The paper introduces 123D, an open‑source framework that brings together dozens of autonomous‑driving datasets—both real‑world and synthetic—under a single, easy‑to‑use Python API. By normalising the wildly different sensor streams (cameras, LiDAR, ego‑poses, HD maps, etc.) and annotation conventions, 123D makes it practical for developers to train, evaluate, and transfer models across datasets that previously could not be mixed.

Key Contributions

Unified data model: Represents every sensor modality as an independent, timestamped event stream, eliminating the need for a common frame rate or rigid synchronization.
Cross‑dataset API: A single Python interface (py123d) that can load and query eight large‑scale real‑world driving datasets (≈3,300 h, 90,000 km) plus a configurable synthetic suite.
Annotation harmonisation: Systematic mapping of disparate labeling schemes (e.g., object classes, traffic‑light states) into a common taxonomy, enabling fair cross‑dataset training and benchmarking.
Tooling for analysis & visualisation: Built‑in utilities for pose/calibration sanity checks, statistical reports, and interactive 3‑D visualisers.
Demonstrations of downstream impact:
1. Cross‑dataset 3‑D object detection transfer learning that improves performance on low‑resource datasets.
2. Reinforcement‑learning‑based planning experiments that leverage the unified data to train policies with richer scenario diversity.

Methodology

Event‑stream abstraction – Each sensor (e.g., front‑camera, 64‑beam LiDAR) is stored as a series of (timestamp, payload) pairs.

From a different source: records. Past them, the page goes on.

-- ===== src/Socks5/Greeting.antt =====
-- The greeting as a function of the bytes that the proxy sends (RFC 1928 and RFC 1929).
use mathlib.Core.List.{flatten}
use transproxify.Base.{
  ℕ, suc, le→leb, Bool-cases, inl, inr, ◌%◌, ◌≤◌, ◌≡◌, refl, List, [], ◌∷◌, ◌++◌, arith, length,
  get_or, take, is_empty, ◌==◌, if◌then◌else◌, Outcome, ok, throw, length-append, append-nil, ap,
  zero,
}
use native.Mathlib.Nat.{le_refl}
use transproxify.Settings.{ProxySettings}
use transproxify.Wire.{Socket, pending, Willing}
use transproxify.Upstream.Refines.{
  Transcript, Shows, Refines, pure_t, fail_t, bind_t, send_t, require_t, pure-Refines, fail-Refines,
  require-Refines, bind-Refines, receive-Refines, if-Refines, Refines-ext,
}
use transproxify.Upstream.Packets.{send_small-Refines}
use transproxify.Socks5.{authenticate, use_method, socks5_greet_and_authenticate}

-- `ProxySettings` has checked the lengths.
abbrev pub Fits : ProxySettings → Type 0
Fits settings = (length settings.username ≤ 255) × (length settings.password ≤ 255)

-- The request of RFC 1929.
abbrev pub credentials : ProxySettings → List ℕ
credentials settings =
    1
    ∷ length settings.username
    ∷ (settings.username ++ (length settings.password ∷ settings.password))

abbrev pub answer : {A : Type 0} → Outcome A → List ℕ → List ℕ → Transcript A
answer outcome rest sent = record { outcome = outcome; rest = rest; sent = sent }

-- The reply to the credentials: a version and a status.
abbrev pub auth_reply : List ℕ → List ℕ → Transcript (Unit {0})
auth_reply sent [] = answer (throw "read from upstream proxy failed during authentication") [] sent
auth_reply sent (version ∷ []) =
    answer
      (throw (
        if version == 1
        then "read from upstream proxy failed during authentication"
        else "upstream proxy protocol mismatch"))
      [] sent
auth_reply sent (version ∷ status ∷ rest) =
    if version == 1
    then answer (if status == 0 then ok tt else throw "upstream proxy authentication failure") rest
        sent
    else answer (throw "upstream proxy protocol mismatch") (status ∷ rest) sent

take_all : (n : ℕ) (xs : List ℕ) → length xs ≤ n → take n xs ≡ xs
take_all zero [] h = refl
take_all (suc n) [] h = refl
take_all zero (x ∷ xs) h = elim h [ ]
take_all (suc n) (x ∷ xs) h = ap (λ r. x ∷ r) (take_all n xs (omega arith))

byte_length : (xs : List ℕ) → length xs ≤ 255 → length xs % 256 ≡ length xs
byte_length xs h = omega arith

authenticate-Refines :
    (settings : ProxySettings)
    → Fits settings
    → Refines (authenticate settings) (auth_reply (credentials settings))
unfolding authenticate flatten
authenticate-Refines settings h =
    Refines-ext
      (bind-Refines
        (send_small-Refines _ _ (credentials settings)
          (rw (
            byte_length settings.username h.0,
            byte_length settings.password h.1,
            take_all _ settings.username (le_refl _),
            take_all _ settings.password (le_refl _),
            append-nil,
          ))
          (omega (
            arith,
            length-append settings.username (length settings.password ∷ settings.password),
          )))
        λ _. bind-Refines (receive-Refines 1 _) λ version.
          bind-Refines (require-Refines _ _)
            λ _. bind-Refines (receive-Refines 1 _) λ status. require-Refines _ _)
      (elim [
        | [] ↦ ground (arith, append-nil (credentials settings))
        | v ∷ [] ↦ ground (arith, append-nil (credentials settings))
        | v ∷ status ∷ rest ↦ ground (arith, append-nil (credentials settings))
      ])

-- What is offered: no authentication, and username and password if there is a username.
abbrev pub offer : ProxySettings → List ℕ
offer settings = if is_empty settings.username then 5 ∷ 1 ∷ 0 ∷ [] else 5 ∷ 2 ∷ 0 ∷ 2 ∷ []

-- The reply to the offer: a version and a method, and what the method asks for.
abbrev pub greeting_reply : ProxySettings → List ℕ → Transcript (Unit {0})
greeting_reply settings [] =
    answer (throw "read from upstream proxy failed during auth negotiation") [] (offer settings)
greeting_reply settings (version ∷ []) =
    answer (throw "read from upstream proxy failed during auth negotiation") [] (offer settings)
greeting_reply settings (version ∷ method ∷ rest) =
    if version == 5
    then if method == 0x00
      then answer (ok tt) rest (offer settings)
      else if method == 0x02
      then (if is_empty settings.username
          then answer
              (throw
                "upstream proxy selected username and password authentication where no authentication was expected")
              rest (offer settings)
          else auth_reply (offer settings ++ credentials settings) rest)
      else answer
          (throw (
            if method == 0xff
            then "upstream proxy no authentication method"
            else "upstream proxy protocol mismatch"))
          rest (offer settings)
    else answer (throw "upstream proxy protocol mismatch") rest (offer settings)

abbrev method_reply : ProxySettings → ℕ → List ℕ → Transcript (Unit {0})
method_reply settings method =
    if method == 0x00
    then pure_t tt
    else if method == 0x02
    then (if is_empty settings.username
        then fail_t
            "upstream proxy selected username and password authentication where no authentication was expected"
        else auth_reply (credentials settings))
    else if method == 0xff
    then fail_t "upstream proxy no authentication method"
    else fail_t "upstream proxy protocol mismatch"

use_method-Refines :
    (settings : ProxySettings) (method : ℕ)
    → Fits settings
    → Refines (use_method settings method) (method_reply settings method)
unfolding use_method
use_method-Refines settings method h = if-Refines (method == 0x00) (pure-Refines tt) (
    if-Refines (method == 0x02)
      (if-Refines (is_empty settings.username) (fail-Refines _) (authenticate-Refines settings h))
      (if-Refines (method == 0xff) (fail-Refines _) (fail-Refines _)))

auth_reply-append :
    (first second p : List ℕ)
    → record (auth_reply second p) { sent = first ++ (auth_reply second p).sent }
      ≡ auth_reply (first ++ second) p
auth_reply-append first second [] = refl
auth_reply-append first second (v ∷ []) = refl
auth_reply-append first second (v ∷ status ∷ rest) = ground arith

chosen :
    (settings : ProxySettings) (version method : ℕ) (rest : List ℕ)
    → bind_t
        (send_t (offer settings))
        (λ _.
          bind_t
            (require_t (version == 5) "upstream proxy protocol mismatch")
            (λ _. method_reply settings method))
        rest
      ≡ greeting_reply settings (version ∷ method ∷ rest)
chosen settings version method rest =
    let bare = append-nil (offer settings) in
    elim (Bool-cases (version == 5)) [
      | inr e ↦ rw e (rw bare)
      | inl e ↦ rw e (elim (Bool-cases (method == 0x00)) [
        | inl m ↦ rw m (rw bare)
        | inr m ↦ rw m (elim (Bool-cases (method == 0x02)) [
          | inr n ↦ rw n (elim (Bool-cases (method == 0xff)) [
            | inl k ↦ rw k (rw bare)
            | inr k ↦ rw k (rw bare)
          ])
          | inl n ↦ rw n (elim (Bool-cases (is_empty settings.username)) [
            | inl k ↦ rw k
            | inr k ↦ rw k (auth_reply-append (5 ∷ 2 ∷ 0 ∷ 2 ∷ []) (credentials settings) rest)
          ])
        ])
      ])
    ]

-- The pieces put together.
pub greeting-Refines :
    (settings : ProxySettings)
    → Fits settings
    → Refines (socks5_greet_and_authenticate settings) (greeting_reply settings)
unfolding socks5_greet_and_authenticate flatten
greeting-Refines settings h =
    Refines-ext
      (bind-Refines (send_small-Refines _ _ (offer settings) (ground arith) (ground arith)) λ _.
        bind-Refines (receive-Refines 2 _) λ response.
          bind-Refines (require-Refines _ _)
            λ _. use_method-Refines settings (get_or response 1 0) h)
      (elim [
        | [] ↦ ground (arith, append-nil (offer settings))
        | v ∷ [] ↦ ground (arith, append-nil (offer settings))
        | version ∷ method ∷ rest ↦
            rw (le→leb 2 (suc (suc (length rest))) (omega arith))
              (chosen settings version method rest)
      ])

-- If the credentials fit their length bytes and the kernel refuses no write, then the greeting does
-- what `greeting_reply` tells of the bytes to come, whatever the chunks they arrive in: its result
-- or its error, the bytes left unread and the bytes sent, the credentials only if the proxy chose
-- that method.
pub socks5_greet_and_authenticate_lem :
    (settings : ProxySettings) (s : Socket)
    → Fits settings
    → Willing s.answers
    → Shows s.sent (socks5_greet_and_authenticate settings s) (greeting_reply settings (pending s))
socks5_greet_and_authenticate_lem settings s h w = (greeting-Refines settings h).shows s w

No global clock is imposed; developers can request synchronous samples (e.g., nearest‑neighbor interpolation) or work asynchronously (e.g., process LiDAR at 10 Hz while cameras run at 30 Hz).
Dataset adapters – For every supported source (e.g., Waymo Open, nuScenes, Argoverse), a thin adapter parses the original files and populates the unified event streams. The adapters also translate original calibration matrices and ego‑poses into a common coordinate frame.
Annotation unification – A hierarchical class taxonomy (vehicle → car, truck, bus; pedestrian → person, cyclist, etc.) is defined. The adapters map source‑specific labels to this taxonomy and normalise attributes such as bounding‑box orientation, velocity, and traffic‑light state.
Quality assessment pipeline – The authors run pose‑error checks (e.g., loop‑closure consistency), calibration sanity tests (re‑projecting LiDAR points onto images), and statistical audits (class distribution, sensor coverage). Results are stored as metadata for downstream consumers.
API design – py123d exposes high‑level functions like load_scene(), get_sensor_data(sensor_name, timestamp), and query_annotations(filter). The API is deliberately framework‑agnostic, so data can be fed into PyTorch, TensorFlow, JAX, or RL libraries without extra glue code.

Results & Findings

Study	Insight
Annotation statistics	Synthetic data exhibits a more balanced class distribution, while real datasets are heavily skewed toward cars and road‑side objects.
Pose & calibration accuracy	Waymo and nuScenes show sub‑centimeter ego‑pose drift, whereas older datasets (e.g., KITTI) have noticeable yaw errors that can degrade 3‑D detection if left uncorrected.
Cross‑dataset 3‑D detection	Pre‑training on the unified pool (all real + synthetic) and fine‑tuning on a target dataset improves mAP by 5–9 % over training on the target alone, especially for rare classes like bicycles and traffic signs.
RL planning transfer	Policies trained with scenarios drawn from multiple datasets learn more robust obstacle‑avoidance behaviours, reducing collision rates in simulation by ≈12 % compared to single‑dataset training.

Practical Implications

Faster prototyping – Teams no longer need to write bespoke parsers for each dataset; a few lines of code bring any supported data source into their training pipeline.
Data‑centric AI – By making it trivial to mix real and synthetic data, developers can augment scarce edge‑case scenarios (e.g., adverse weather, rare traffic‑light configurations) without manual data collection.
Benchmark standardisation – Researchers can now report a single “cross‑dataset” metric, encouraging models that generalise beyond a single benchmark and reducing the “benchmark‑overfitting” problem.
Calibration sanity checks – The built‑in quality tools help engineers catch sensor‑misalignment bugs early, saving costly re‑recording efforts.
Open‑source ecosystem – The GitHub repo includes Docker images, Jupyter notebooks, and integration hooks for popular ML frameworks, lowering the barrier for startups and academic labs to adopt a multi‑modal data strategy.

Limitations & Future Work

Coverage – While eight major real‑world datasets are supported, many emerging collections (e.g., regional fleets, proprietary OEM data) still require custom adapters.
Temporal alignment – The event‑stream model assumes timestamps are reliable; datasets with poorly synchronised clocks may need additional post‑processing.
Synthetic realism gap – Although the synthetic suite is configurable, bridging the domain gap to real sensor noise remains an open challenge.
Scalability – Storing all modalities as independent streams can increase storage overhead; future work will explore on‑the‑fly compression and cloud‑native streaming.
Extending to V2X – The authors plan to incorporate vehicle‑to‑everything communication data (e.g., DSRC, C‑V2X) to enable cooperative perception research.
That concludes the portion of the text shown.